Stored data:
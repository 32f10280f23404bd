-- ===== src/Sandbox/Roots.antt =====
-- A list of roots in order, none of them twice
-- (`sort` and `dedup` of rust/crates/vocoderd/src/machines/sandbox.rs).
use Prim.Native.Nat.{Ordering}
use Prim.Native.String.{compare}
use dsh_rs.Base.{
  ◌≡◌, refl, ap, ◌∙◌, String, List, [], ◌∷◌, ◌++◌, Bool, true, false, ◌||◌, str_eq, eq_iff,
  if◌then◌else◌, arith,
}

abbrev pub any {ℓ} : {A : Type ℓ} → (A → Bool) → List A → Bool
any f [] = false
any f (x ∷ xs) = f x || any f xs

-- The order of the texts' bytes is that of their characters' codes.
abbrev pub str_le : String → String → Bool
str_le s t = elim (compare s t) [ Ordering.gt ↦ false | _ ↦ true ]

abbrev insert : String → List String → List String
insert s [] = s ∷ []
insert s (t ∷ ts) = if str_le s t then s ∷ t ∷ ts else t ∷ insert s ts

-- The texts have no identity besides their contents, so any sort has this result.
unfoldable pub sort : List String → List String
sort [] = []
sort (s ∷ ss) = insert s (sort ss)

abbrev keep_new : String → List String → List String
keep_new s [] = s ∷ []
keep_new s (t ∷ ts) = if str_eq s t then t ∷ ts else s ∷ t ∷ ts

-- One of each run of equal texts.
unfoldable pub dedup : List String → List String
dedup [] = []
dedup (s ∷ ss) = keep_new s (dedup ss)

any-insert : (f : String → Bool) (s : String) (l : List String) → any f (insert s l) ≡ any f (s ∷ l)
any-insert f s [] = refl
any-insert f s (t ∷ ts) = ground (arith, any-insert f s ts)

pub any-sort : (f : String → Bool) (l : List String) → any f (sort l) ≡ any f l
unfolding sort
any-sort f [] = refl
any-sort f (s ∷ ss) = any-insert f s (sort ss) ∙ ap (λ b. f s || b) (any-sort f ss)

any-keep_new :
    (f : String → Bool) (s : String) (l : List String) → any f (keep_new s l) ≡ any f (s ∷ l)
any-keep_new f s [] = refl
any-keep_new f s (t ∷ ts) = ground (arith, eq_iff s t)

pub any-dedup : (f : String → Bool) (l : List String) → any f (dedup l) ≡ any f l
unfolding dedup
any-dedup f [] = refl
any-dedup f (s ∷ ss) = any-keep_new f s (dedup ss) ∙ ap (λ b. f s || b) (any-dedup f ss)

pub any-append : (f : String → Bool) (l m : List String) → any f (l ++ m) ≡ any f l || any f m
any-append f [] m = refl
any-append f (x ∷ xs) m = ground (arith, any-append f xs m)
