-- ===== src/Sandbox.antt =====
-- Confinement of the filesystem tools: the modes, the ladder and the fence
-- (rust/crates/vocoderd/src/machines/sandbox.rs). A refusal is the Denial that Err holds.
pub mod Paths
pub mod Roots
pub mod Place
pub mod Below
pub mod Fencing
mod Examples
use dsh_rs.Base.{
  String, concat, Option, none, some, List, [], ◌∷◌, ◌++◌, Bool, true, false, not, str_eq,
}
use dsh_rs.Base.{if◌then◌else◌, ltb, ℕ}
use dsh_rs.Base.Text.{join}
use dsh_rs.Sandbox.Paths.{contains}
use dsh_rs.Sandbox.Roots.{any, sort, dedup}

pub data Mode : Type 0 where
  read_only : Mode
  workspace_write : Mode
  danger_full_access : Mode

abbrev pub mode_as_str : Mode → String
mode_as_str Mode.read_only = "read-only"
mode_as_str Mode.workspace_write = "workspace-write"
mode_as_str Mode.danger_full_access = "danger-full-access"

unfoldable pub parse_mode : String → Option Mode
parse_mode s =
    if str_eq s "read-only"
    then some Mode.read_only
    else if str_eq s "workspace-write"
    then some Mode.workspace_write
    else if str_eq s "danger-full-access"
    then some Mode.danger_full_access
    else none

abbrev pub default_mode : Mode
default_mode = Mode.workspace_write

abbrev pub targets : List Mode
targets = Mode.workspace_write ∷ Mode.danger_full_access ∷ []

pub data Escape : Type 0 where
  wider : Escape
  same : Escape
  narrower : Escape

abbrev pub rank : Mode → ℕ
rank Mode.read_only = 0
rank Mode.workspace_write = 1
rank Mode.danger_full_access = 2

unfoldable pub widening : Mode → Mode → Escape
widening from to =
    if ltb (rank from) (rank to)
    then Escape.wider
    else if ltb (rank to) (rank from)
    then Escape.narrower
    else Escape.same

pub data Policy : Type 0 where
  ask : Policy
  never : Policy

abbrev pub parse_policy : String → Option Policy
parse_policy s =
    if str_eq s "ask" then some Policy.ask else if str_eq s "never" then some Policy.never else none

pub record Denial : Type 0 where
  pub mode : Mode
  pub path : String
  pub reason : String

-- `super::tool::escalation_hint`
abbrev pub escalation_hint : String → String
escalation_hint subject =
    concat (concat "[sandbox: escalation available — retry this exact " subject)
      " once with sandbox_permissions (the narrowest wider mode that suffices) + justification; the approval prompt asks the user]"

abbrev pub message : Denial → String
message d = concat (concat "[sandbox: file access denied under " (mode_as_str d.mode)) (
    concat (concat " mode]\n" (concat d.path (concat ": " d.reason)))
      (concat "\n" (escalation_hint "operation")))

pub record Fence : Type 0 where
  pub mode : Mode
  pub root : String
  pub confined : Bool

abbrev is_danger : Mode → Bool
is_danger Mode.danger_full_access = true
is_danger _ = false

abbrev pub fence : Mode → String → Fence
fence mode root = record { mode = mode; root = root; confined = not (is_danger mode) }

abbrev with_temp : String → List String → List String
with_temp tmp roots = if any (λ r. str_eq r tmp) roots then roots else roots ++ tmp ∷ []

-- `tmp` is the host's temporary directory, `std::env::temp_dir()`.
unfoldable pub writable_roots_for : String → Mode → String → List String
writable_roots_for tmp Mode.workspace_write root = dedup (sort (with_temp tmp (root ∷ "/tmp" ∷ [])))
writable_roots_for tmp _ root = []

abbrev pub writable_roots : String → Fence → List String
writable_roots tmp f = writable_roots_for tmp f.mode f.root

unfoldable pub allows : String → Fence → String → Bool
allows tmp f target =
    if f.confined then any (λ root. contains root target) (writable_roots tmp f) else true

abbrev pub denied_reason : String → Fence → Mode → String
denied_reason tmp f Mode.read_only = "the session is read-only, so no mutation is permitted"
denied_reason tmp f _ =
    concat "it is outside the writable roots ("
      (concat (join ", " (writable_roots tmp f)) "), and no wider mode is available on this host")

-- The refusal, when there is one.
abbrev pub check : String → Fence → String → String → Option Denial
check tmp f target display =
    if allows tmp f target
    then none
    else some (record { mode = f.mode; path = display; reason = denied_reason tmp f f.mode })
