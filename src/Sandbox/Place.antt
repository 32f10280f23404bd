-- ===== src/Sandbox/Place.antt =====
-- Where the text of a path leads from the root, and how its components lead there
-- (rust/crates/vocoderd/src/machines/sandbox.rs).
use dsh_rs.Base.{
  ◌≡◌, inl, inr, refl, sym, ap, ◌∙◌, subst, String, ◌==◌, ◌||◌, List, [], ◌∷◌, ◌++◌, append_assoc,
  append-nil, map, Bool, true, false, str_eq, eq_iff, if◌then◌else◌, All, Bool-cases, arith,
}
use Prim.Native.Char.{Char, code}
use text.Mathlib.TextLemmas.{cons-ne-nil}
use dsh_rs.Base.Text.{split, push_front}
use dsh_rs.Sandbox.Paths.{
  Component, components, parts, part, of_parts, normal_components, resolve, pop, reverse_onto,
}

-- The text begins with a `/`.
abbrev pub is_absolute : String → Bool
is_absolute String.[] = false
is_absolute (String.◌∷◌ c s) = code c == b'/'

abbrev pub IsAbsolute : String → Type 0
IsAbsolute path = is_absolute path ≡ true

abbrev parent : List String → List String
parent [] = []
parent (n ∷ []) = []
parent (n ∷ m ∷ ms) = n ∷ parent (m ∷ ms)

-- Where the parts of a path lead from a directory, which is given by the names down from `/`: an
-- empty part and `.` stay, `..` climbs but not above `/`, and any other part enters.
unfoldable pub follow : List String → List String → List String
follow at [] = at
follow at (s ∷ ss) =
    if str_eq s "" || str_eq s "."
    then follow at ss
    else if str_eq s ".."
    then follow (parent at) ss
    else follow (at ++ s ∷ []) ss

-- Where a path leads from `/`.
abbrev pub place : String → List String
place path = follow [] (split b'/' path)

abbrev pub names : List String → List Component
names = map Component.normal

abbrev rev : List String → List String
rev [] = []
rev (n ∷ ns) = rev ns ++ n ∷ []

parent-snoc : (ns : List String) (n : String) → parent (ns ++ n ∷ []) ≡ ns
parent-snoc [] n = refl
parent-snoc (m ∷ []) n = refl
parent-snoc (m ∷ k ∷ ks) n = ap (λ l. m ∷ l) (parent-snoc (k ∷ ks) n)

abbrev root : List Component
root = Component.root_dir ∷ []

reverse_onto-root :
    (ns ms : List String)
    → reverse_onto (names ns ++ root) (names ms) ≡ Component.root_dir ∷ names (rev ns ++ ms)
reverse_onto-root [] ms = refl
reverse_onto-root (n ∷ ns) ms =
    reverse_onto-root ns (n ∷ ms)
    ∙ ap (λ l. Component.root_dir ∷ names l) (sym (append_assoc (rev ns) (n ∷ []) ms))

-- `..` after the names `ns` climbs from the last of them.
resolve-climb :
    (ss : List String)
    → ((ms : List String)
        → resolve (names ms ++ root) (parts ss) ≡ Component.root_dir ∷ names (follow (rev ms) ss))
    → (ns : List String)
    → resolve (pop (names ns ++ root)) (parts ss)
      ≡ Component.root_dir ∷ names (follow (parent (rev ns)) ss)
resolve-climb ss ih [] = ih []
resolve-climb ss ih (n ∷ ns) =
    ih ns ∙ ap (λ at. Component.root_dir ∷ names (follow at ss)) (sym (parent-snoc (rev ns) n))

resolve-follow :
    (ss ns : List String)
    → resolve (names ns ++ root) (parts ss) ≡ Component.root_dir ∷ names (follow (rev ns) ss)
unfolding resolve follow
resolve-follow [] ns =
    reverse_onto-root ns [] ∙ ap (λ l. Component.root_dir ∷ names l) (append-nil (rev ns))
resolve-follow (s ∷ ss) ns = ground (
  arith,
  resolve-follow ss ns,
  resolve-climb ss (resolve-follow ss) ns,
  resolve-follow ss (s ∷ ns),
)

-- A step from a directory: up, or into an entry.
abbrev IsStep : Component → Type 0
IsStep Component.parent_dir = Unit
IsStep (Component.normal s) = Unit
IsStep _ = ⊥

if_steps :
    (b : Bool) (cs ds : List Component)
    → All IsStep cs
    → All IsStep ds
    → All IsStep (if b then cs else ds)
if_steps true cs ds hc hd = hc
if_steps false cs ds hc hd = hd

part_steps : (s : String) (rest : List Component) → All IsStep rest → All IsStep (part s rest)
part_steps s rest h =
    if_steps (str_eq s "") _ _ h
      (if_steps (str_eq s ".") _ _ h (if_steps (str_eq s "..") _ _ (tt, h) (tt, h)))

parts_steps : (ss : List String) → All IsStep (parts ss)
parts_steps [] = tt
parts_steps (s ∷ ss) = part_steps s (parts ss) (parts_steps ss)

reverse_onto-names :
    (ns ms : List String) → (ks : List String) × (reverse_onto (names ns) (names ms) ≡ names ks)
reverse_onto-names [] ms = (ms, refl)
reverse_onto-names (n ∷ ns) ms = reverse_onto-names ns (n ∷ ms)

-- Names alone, with no root before them.
abbrev pub IsPlain : List Component → Type 0
IsPlain out = (ks : List String) × (out ≡ names ks)

resolve-IsPlain :
    (ns : List String) (cs : List Component) → All IsStep cs → IsPlain (resolve (names ns) cs)
unfolding resolve
resolve-IsPlain ns [] h = reverse_onto-names ns []
resolve-IsPlain ns (Component.normal s ∷ cs) (_, h) = resolve-IsPlain (s ∷ ns) cs h
resolve-IsPlain [] (Component.parent_dir ∷ cs) (_, h) = resolve-IsPlain [] cs h
resolve-IsPlain (n ∷ ns) (Component.parent_dir ∷ cs) (_, h) = resolve-IsPlain ns cs h
resolve-IsPlain ns (Component.root_dir ∷ cs) (h, _) = absurd h
resolve-IsPlain ns (Component.cur_dir ∷ cs) (h, _) = absurd h

cur_dir-IsPlain :
    (cs : List Component) → All IsStep cs → IsPlain (resolve [] (Component.cur_dir ∷ cs))
unfolding resolve
cur_dir-IsPlain cs h = resolve-IsPlain [] cs h

if-IsPlain :
    (b : Bool) (cs ds : List Component)
    → IsPlain (resolve [] cs)
    → IsPlain (resolve [] ds)
    → IsPlain (resolve [] (if b then cs else ds))
if-IsPlain true cs ds hc hd = hc
if-IsPlain false cs ds hc hd = hd

-- What the split of a path begins with: an empty part, and another, exactly after a `/`.
abbrev Begins : Bool → List String → Type 0
Begins true ss = (t : String) × (ts : List String) × (ss ≡ "" ∷ t ∷ ts)
Begins false [] = ⊥
Begins false (s ∷ []) = Unit
Begins false (s ∷ t ∷ ts) = str_eq s "" ≡ false

split-some : (path : String) → (t : String) × (ts : List String) × (split b'/' path ≡ t ∷ ts)
unfolding split
split-some String.[] = ("", [], refl)
split-some (String.◌∷◌ c s) =
    let (t, ts, e) = split-some s in
    elim (Bool-cases (code c == b'/')) [
      | inl slash ↦ ("", split b'/' s, ground arith)
      | inr other ↦ (String.◌∷◌ c t, ts, ground arith)
    ]

if-Begins :
    (slash : Bool) (c : Char) (t : String) (ts : List String)
    → Begins slash (if slash then "" ∷ t ∷ ts else push_front c (t ∷ ts))
if-Begins true c t ts = (t, ts, refl)
if-Begins false c t [] = tt
if-Begins false c t (u ∷ us) = ground (arith, eq_iff (String.◌∷◌ c t) "", cons-ne-nil c t)

split-Begins : (path : String) → Begins (is_absolute path) (split b'/' path)
unfolding split
split-Begins String.[] = tt
split-Begins (String.◌∷◌ c s) =
    let (t, ts, e) = split-some s in
    subst (λ r. Begins (code c == b'/') (if code c == b'/' then "" ∷ r else push_front c r)) (sym e)
      (if-Begins (code c == b'/') c t ts)

of_parts-IsPlain : (ss : List String) → Begins false ss → IsPlain (resolve [] (of_parts ss))
of_parts-IsPlain [] h = absurd h
of_parts-IsPlain (s ∷ []) h =
    if-IsPlain (str_eq s ".") _ _ (cur_dir-IsPlain [] tt)
      (resolve-IsPlain [] _ (part_steps s [] tt))
of_parts-IsPlain (s ∷ t ∷ ts) h =
    subst
      (λ b. IsPlain (
        resolve [] (
          if b
          then Component.root_dir ∷ parts (t ∷ ts)
          else (if str_eq s "."
              then Component.cur_dir ∷ parts (t ∷ ts)
              else part s (parts (t ∷ ts))))))
      (sym h)
      (if-IsPlain (str_eq s ".") _ _ (cur_dir-IsPlain _ (parts_steps (t ∷ ts)))
        (resolve-IsPlain [] _ (part_steps s _ (parts_steps (t ∷ ts)))))

pub relative-IsPlain : (path : String) → is_absolute path ≡ false → IsPlain (normal_components path)
unfolding components
relative-IsPlain path r =
    of_parts-IsPlain (split b'/' path)
      (subst (λ b. Begins b (split b'/' path)) r (split-Begins path))

of_parts-follow :
    (ss : List String)
    → Begins true ss
    → resolve [] (of_parts ss) ≡ Component.root_dir ∷ names (follow [] ss)
unfolding resolve follow
of_parts-follow ss (t, ts, e) =
    ap (λ ss. resolve [] (of_parts ss)) e
    ∙ resolve-follow (t ∷ ts) []
    ∙ ap (λ ss. Component.root_dir ∷ names (follow [] ss)) (sym e)

pub absolute-place :
    (path : String)
    → IsAbsolute path
    → normal_components path ≡ Component.root_dir ∷ names (place path)
unfolding components
absolute-place path h =
    of_parts-follow (split b'/' path)
      (subst (λ b. Begins b (split b'/' path)) h (split-Begins path))
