-- ===== src/Sandbox/Below.antt =====
-- What lies beneath a path, its `.` and `..` followed
-- (rust/crates/vocoderd/src/machines/sandbox.rs).
use dsh_rs.Base.{
  and-eq_true, ◌≡◌, ◌≢◌, ◌↔◌, inl, inr, refl, sym, ap, ◌∙◌, subst, String, List, [], ◌∷◌, ◌++◌,
  true, ◌&&◌, eq_iff, Bool-cases, arith,
}
use dsh_rs.Sandbox.{contains}
use dsh_rs.Sandbox.Place.{is_absolute, IsAbsolute, place, names, relative-IsPlain, absolute-place}
use dsh_rs.Sandbox.Paths.{Component, normal_components, is_prefix, component_eq}

-- The target leads to the place of the root, or to one that is reached from it by names alone.
abbrev pub Beneath : String → String → Type 0
Beneath root target = IsAbsolute target × ((ns : List String) × (place target ≡ place root ++ ns))

component_eq_refl : (c : Component) → component_eq c c ≡ true
unfolding component_eq
component_eq_refl Component.root_dir = refl
component_eq_refl Component.cur_dir = refl
component_eq_refl Component.parent_dir = refl
component_eq_refl (Component.normal s) = ground (arith, eq_iff s s)

component_eq→≡ : (a b : Component) → component_eq a b ≡ true → a ≡ b
unfolding component_eq
component_eq→≡ Component.root_dir b e = ground arith
component_eq→≡ Component.cur_dir b e = ground arith
component_eq→≡ Component.parent_dir b e = ground arith
component_eq→≡ (Component.normal s) (Component.normal t) e = ap Component.normal ((eq_iff s t).0 e)
component_eq→≡ (Component.normal s) Component.root_dir e = ground arith
component_eq→≡ (Component.normal s) Component.cur_dir e = ground arith
component_eq→≡ (Component.normal s) Component.parent_dir e = ground arith

is_prefix-rest :
    (rs ts : List Component) → is_prefix rs ts ≡ true → (rest : List Component) × (ts ≡ rs ++ rest)
unfolding is_prefix
is_prefix-rest [] ts e = (ts, refl)
is_prefix-rest (r ∷ rs) [] e = ground arith
is_prefix-rest (r ∷ rs) (t ∷ ts) e =
    let (h, hs) = and-eq_true (component_eq r t) (is_prefix rs ts) e in
    let (rest, er) = is_prefix-rest rs ts hs in
    (rest, ap (λ c. c ∷ ts) (sym (component_eq→≡ r t h)) ∙ ap (λ cs. r ∷ cs) er)

is_prefix-append : (rs rest : List Component) → is_prefix rs (rs ++ rest) ≡ true
unfolding is_prefix
is_prefix-append [] rest = refl
is_prefix-append (r ∷ rs) rest =
    subst (λ b. b && is_prefix rs (rs ++ rest) ≡ true) (sym (component_eq_refl r))
      (is_prefix-append rs rest)

names-split :
    (ks rs : List String) (rest : List Component)
    → names ks ≡ names rs ++ rest
    → (ns : List String) × (ks ≡ rs ++ ns)
names-split ks [] rest e = (ks, refl)
names-split [] (r ∷ rs) rest e = ground arith
names-split (k ∷ ks) (r ∷ rs) rest e =
    let (ns, en) = names-split ks rs rest (ground arith) in (ns, ground (arith, en))

names-append : (ks ns : List String) → names (ks ++ ns) ≡ names ks ++ names ns
names-append [] ns = refl
names-append (k ∷ ks) ns = ap (λ l. Component.normal k ∷ l) (names-append ks ns)

cons-injective :
    (cs ds : List Component) → Component.root_dir ∷ cs ≡ Component.root_dir ∷ ds → cs ≡ ds
cons-injective cs ds e = ground arith

rootless : (ks : List String) (cs : List Component) → names ks ≢ Component.root_dir ∷ cs
rootless [] cs = λ e. ground arith
rootless (k ∷ ks) cs = λ e. ground arith

is_prefix-Beneath :
    (root target : String)
    → IsAbsolute root
    → is_prefix (normal_components root) (normal_components target) ≡ true
    → Beneath root target
is_prefix-Beneath root target hr h =
    let (rest, e) = is_prefix-rest _ _ h in
    let below = e ∙ ap (λ l. l ++ rest) (absolute-place root hr) in
    elim (Bool-cases (is_absolute target)) [
      | inl ht ↦ (
        ht,
        names-split (place target) (place root) rest
            (cons-injective _ _ (sym (absolute-place target ht) ∙ below)),
      )
      | inr relative ↦
          let (ks, plain) = relative-IsPlain target relative in
          absurd (rootless ks _ (sym plain ∙ below))
    ]

Beneath-is_prefix :
    (root target : String)
    → IsAbsolute root
    → Beneath root target
    → is_prefix (normal_components root) (normal_components target) ≡ true
Beneath-is_prefix root target hr (ht, (ns, e)) =
    subst (λ l. is_prefix (normal_components root) l ≡ true)
      (sym (
        absolute-place target ht
        ∙ ap (λ l. Component.root_dir ∷ names l) e
        ∙ ap (λ l. Component.root_dir ∷ l) (names-append (place root) ns)
        ∙ ap (λ l. l ++ names ns) (sym (absolute-place root hr))))
      (is_prefix-append (normal_components root) (names ns))

pub contains-Beneath :
    (root target : String) → IsAbsolute root → (contains root target ≡ true) ↔ Beneath root target
contains-Beneath root target hr =
    (is_prefix-Beneath root target hr, Beneath-is_prefix root target hr)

- **The task**:
Every line with "there" in it should be copied from the entries above.

- **The completed task**:
-- The refusal, when there is one.
-- Where the text of a path leads from the root, and how its components lead there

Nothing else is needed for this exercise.